She keeps flexing her toes to admire the freshly shaped nails and color.  All girls enjoy having pretty toes! Right? Right!

I have several friends who remember spending the night with me when I was younger who also remember painting my mother’s toenails at the sleepover.  Funny! I wonder how she bribed us into doing that?

New goal-Spend more time with my girls painting toenails…not at the spa but at home.  Create time..time to cleanse, time to refresh…not just the toes.

Once again. Memories. They settle in so deeply that you forget about them for years until a tiny wisp brings them back up for air. Could it be an angel fluttering by? My imagination would like to think so.

Making memories~

Jennifer

 

Have you called your mother today? Day 13 of 152…The Game of Life

Fight the good fight of the faith. Take hold of the eternal life to which you were called when you made your good confession in the presence of many witnesses.
Fight the good fight of the faith. Take hold of the eternal life to which you were called when you made your good confession in the presence of many witnesses. 1 Timothy 6:12

I was talking to her early this morning as I heard all the giggles and fast footsteps of four little girls running on very little sleep scurrying up and down the stairs.

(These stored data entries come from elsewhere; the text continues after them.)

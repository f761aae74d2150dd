-- ===== src/Output/Scheduled.antt =====
-- The interfaces that wait to be written, by eigrp_packet_output_enqueue and eigrp_packet_write of
-- eigrpd/eigrp_packet.c.
use mathlib.Core.Path.{subst}
use eigrpd.Base.{
  ℕ, ◌≡◌, refl, sym, ◌∙◌, ap, true, false, Option, Option-cases, none, some, List, [], ◌∷◌, inl,
  inr,
}
use eigrpd.State.{
  Interface, World, M, pure, fault, get, modify, expect, ◌>>=◌, ◌>>◌, write, load_nbr, load_intf,
  update_intf, Ends, ends, faults, Ends-mono, Ends-bind, Ends-get, Ends-expect, Keeps, Keeps-pure,
  Keeps-bind, Keeps-modify, Keeps-expect, Keeps-get, Keeps-when, keeps_rules,
}
use eigrpd.Queue.{packet_enqueue, packet_dequeue}
use eigrpd.Session.{Wire, update_packet}
use eigrpd.Update.Send.{free_packet}
use eigrpd.Output.Listed.{Listed, Listed-on, Listed-off, joined}
use eigrpd.Output.{
  output_enqueue, free_dequeued, packet_delete, waits, refresh_ack, transmit, write_next,
  write_obuf, write_done, write_from, packet_write,
}

-- The interfaces and their list.
abbrev out_of : World → (ℕ → Option Interface) × List ℕ
out_of w = (w.intfs, w.oi_write_q)

abbrev Ready : World → Type 0
Ready w = Listed w.intfs w.oi_write_q

Ready-along : (w v : World) → out_of v ≡ out_of w → Ready w → Ready v
Ready-along w v e l = subst (λ (x : (ℕ → Option Interface) × List ℕ). Listed x.0 x.1) (sym e) l

-- The parts that touch neither.
update_packet-out : (p : ℕ) (f : _) → Keeps out_of (update_packet p f)
unfolding update_packet
update_packet-out p f = search (keeps_rules, plain)
  where
    plain : (g : World → World) → ((w : World) → out_of (g w) ≡ out_of w) → Keeps out_of (modify g)
    plain g h = Keeps-modify g h

refresh_ack-out : (wire : Wire) (p : ℕ) (nbr : Option ℕ) → Keeps out_of (refresh_ack wire p nbr)
unfolding refresh_ack load_nbr
refresh_ack-out wire p none = Keeps-pure tt
refresh_ack-out wire p (some nbr) = Keeps-bind _ _ (search keeps_rules) λ n. update_packet-out p _

transmit-out : (wire : Wire) (ei p : ℕ) → Keeps out_of (transmit wire ei p)
unfolding transmit
transmit-out wire ei p =
    Keeps-bind _ _ Keeps-get λ w. Keeps-bind _ _ (Keeps-expect _) λ c. Keeps-modify _ λ w. refl

free_dequeued-out : (o : Option ℕ) → Keeps out_of (free_dequeued o)
unfolding free_dequeued free_packet
free_dequeued-out none = Keeps-pure tt
free_dequeued-out (some p) =
    Keeps-bind _ _ Keeps-get λ w. Keeps-bind _ _ (Keeps-expect _) λ c. Keeps-modify _ λ w. refl

-- The list, with the interface at its head.
abbrev Led : ℕ → List ℕ → World → Type 0
Led ei eis w = Ready w × (w.oi_write_q ≡ ei ∷ eis)

Led-along :
    (ei : ℕ) (eis : List ℕ) (w v : World) → out_of v ≡ out_of w → Led ei eis w → Led ei eis v
Led-along ei eis w v e (l, led) =
    (Ready-along w v e l, ap (λ (x : (ℕ → Option Interface) × List ℕ). x.1) e ∙ led)

module _ (ei : ℕ) where
  intf_loaded :
      {B : Type 0} {Q : B → World → Type 0} (k : Interface → M B) (w : World)
      → ((i : Interface) → w.intfs ei ≡ some i → Ends Q (k i w))
      → Ends Q ((load_intf ei >>= k) w)
  unfolding load_intf ◌>>=◌ get expect
  intf_loaded k w next = elim (Option-cases (w.intfs ei)) [
    | inl e ↦ rw e faults
    | inr (i, e) ↦ rw e (next i e)
  ]

  module _ (eis : List ℕ) where
    -- An interface that waits changes its queue.
    requeued :
        (w : World) (i j : Interface)
        → w.intfs ei ≡ some i
        → i.on_write_q ≡ true
        → j.on_write_q ≡ true
        → Led ei eis w
        → Led ei eis (record w { intfs = write w.intfs ei (some j) })
    requeued w i j at was on (l, led) = (
      Listed-on w.intfs ei j w.oi_write_q w.oi_write_q l on (λ e m. m) (l.listed ei i at was),
      led,
    )

    packet_delete-Led :
        (w : World) (i : Interface)
        → w.intfs ei ≡ some i
        → i.on_write_q ≡ true
        → Led ei eis w
        → Ends (λ _ v. Led ei eis v) (packet_delete ei w)
    unfolding packet_delete update_intf load_intf ◌>>=◌ get expect modify
    packet_delete-Led w i at on led = elim (Option-cases (packet_dequeue i.obuf w.packets)) [
      | inl e ↦ rw (at, e) faults
      | inr (r, e) ↦
          rw (at, e, at)
            (let u = record w {
              packets = r.1.1;
              intfs = write w.intfs ei (some (record i { obuf = r.1.0 }));
            } in
              Ends-mono ((free_dequeued-out r.0).at u) λ _ v same. Led-along ei eis u v same (
                requeued (record w { packets = r.1.1 }) i (record i { obuf = r.1.0 }) at on on led))
    ]

    -- The part before the packet is deleted.
    before_delete :
        {m : M (Unit {0})} (w : World) (i : Interface)
        → Keeps out_of m
        → w.intfs ei ≡ some i
        → i.on_write_q ≡ true
        → Led ei eis w
        → Ends (λ _ v. Led ei eis v) ((m >> packet_delete ei) w)
    before_delete {m} w i k at on led =
        Ends-bind (λ _ v. out_of v ≡ out_of w) m (λ _. packet_delete ei) w (k.at w)
          λ _ v same.
            packet_delete-Led v i (ap (λ (x : (ℕ → Option Interface) × List ℕ). x.0 ei) same ∙ at)
              on (Led-along ei eis w v same led)

    write_next-Led :
        (wire : Wire) (w : World) (i : Interface) (p : ℕ)
        → w.intfs ei ≡ some i
        → i.on_write_q ≡ true
        → Led ei eis w
        → Ends (λ _ v. Led ei eis v) (write_next wire ei p w)
    unfolding write_next
    write_next-Led wire w i p at on led =
        Ends-get _ w
          (Ends-expect _ _ w λ c _. before_delete w i (Keeps-when _ _ (sends c.nbr)) at on led)
      where
        sends : (nbr : Option ℕ) → Keeps out_of (refresh_ack wire p nbr >> transmit wire ei p)
        sends nbr = Keeps-bind _ _ (refresh_ack-out wire p nbr) λ _. transmit-out wire ei p

    write_obuf-Led :
        (wire : Wire) (w : World) (i : Interface)
        → w.intfs ei ≡ some i
        → Led ei eis w
        → (o : Option ℕ) → i.obuf.tail ≡ o
        → Ends (λ _ v. Led ei eis v) (write_obuf wire ei o w)
    unfolding write_obuf pure
    write_obuf-Led wire w i at led none e = ends led
    write_obuf-Led wire w i at led (some p) e =
        write_next-Led wire w i p at (led.0.marked ei i at p e) led

    write_done-Ready :
        (wire : Wire) (w : World) (i : Interface)
        → w.intfs ei ≡ some i
        → Led ei eis w
        → (o : Option ℕ) → i.obuf.tail ≡ o
        → Ends (λ _ v. Ready v) (write_done wire ei eis o w)
    unfolding write_done update_intf load_intf ◌>>=◌ get expect modify pure
    write_done-Ready wire w i at led (some p) e = ends led.0
    write_done-Ready wire w i at led none e = rw at (
        ends (
          Listed-off w.intfs ei (record i { on_write_q = false }) eis
            (subst (Listed w.intfs) led.1 led.0) refl e))

-- Every interface with a packet waits in the list, and an interface that waits has the event set.
pub record Scheduled (w : World) : Type 0 where
  pub ready : Ready w
  pub pending : waits w.oi_write_q ≡ true → w.t_write ≡ true

write_from-Scheduled :
    (wire : Wire) (l : List ℕ) (w : World)
    → Ready w
    → w.oi_write_q ≡ l
    → Ends (λ _ v. Scheduled v) (write_from wire l w)
unfolding write_from fault modify
write_from-Scheduled wire [] w r e = faults
write_from-Scheduled wire (ei ∷ eis) w r e = intf_loaded ei _ w λ i at.
    Ends-bind _ _ _ w (write_obuf-Led ei eis wire w i at (r, e) i.obuf.tail refl) λ _ v led.
      intf_loaded ei _ v λ j there.
        Ends-bind _ _ _ v (write_done-Ready ei eis wire v j there led j.obuf.tail refl)
          λ _ u ready. ends (record { ready = ready; pending = λ on. on })

pub packet_write-Scheduled :
    (wire : Wire) (w : World) → Scheduled w → Ends (λ _ v. Scheduled v) (packet_write wire w)
unfolding packet_write ◌>>=◌ get modify
packet_write-Scheduled wire w s =
    write_from-Scheduled wire w.oi_write_q (record w { t_write = false }) s.ready refl

pub output_enqueue-Scheduled :
    (ei p : ℕ) (w : World) → Scheduled w → Ends (λ _ v. Scheduled v) (output_enqueue ei p w)
unfolding output_enqueue load_intf update_intf ◌>>=◌ get expect modify
output_enqueue-Scheduled ei p w s = elim (Option-cases (w.intfs ei)) [
  | inl e ↦ rw e faults
  | inr (i, at) ↦ elim (Option-cases (packet_enqueue i.obuf p w.packets)) [
    | inl e ↦ rw (at, e) faults
    | inr (r, e) ↦
        rw (at, e, at)
          (ends (record {
            ready =
                joined w.intfs ei i (record i { obuf = r.0; on_write_q = true }) w.oi_write_q
                  s.ready at refl i.on_write_q refl;
            pending = λ _. refl;
          }))
  ]
]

It brought back many memories of playing with friends.  They were going from make believe with American Girl dolls, to talking about real life 4th grade things to playing board games.  The game of choice today… The Game Of Life.

Ironic? Appropriate? Fitting.

A game full of choices.  Decisions. Facing consequences or reaping the rewards based on the path you select.  Hmmm.  Much like real life.

If you choose one road, you may face a rocky, uphill difficult climb to get to your final destination. If you choose a different path, it may have curves and turns or a few hurdles before you get to your final destination.  In the end, you are at the same location if you fight the good fight….Finish the race….Persevere.

Which road are you on? Are you willing to keep fighting the good fight to get to the end? The glorious eternal end of no more difficulty?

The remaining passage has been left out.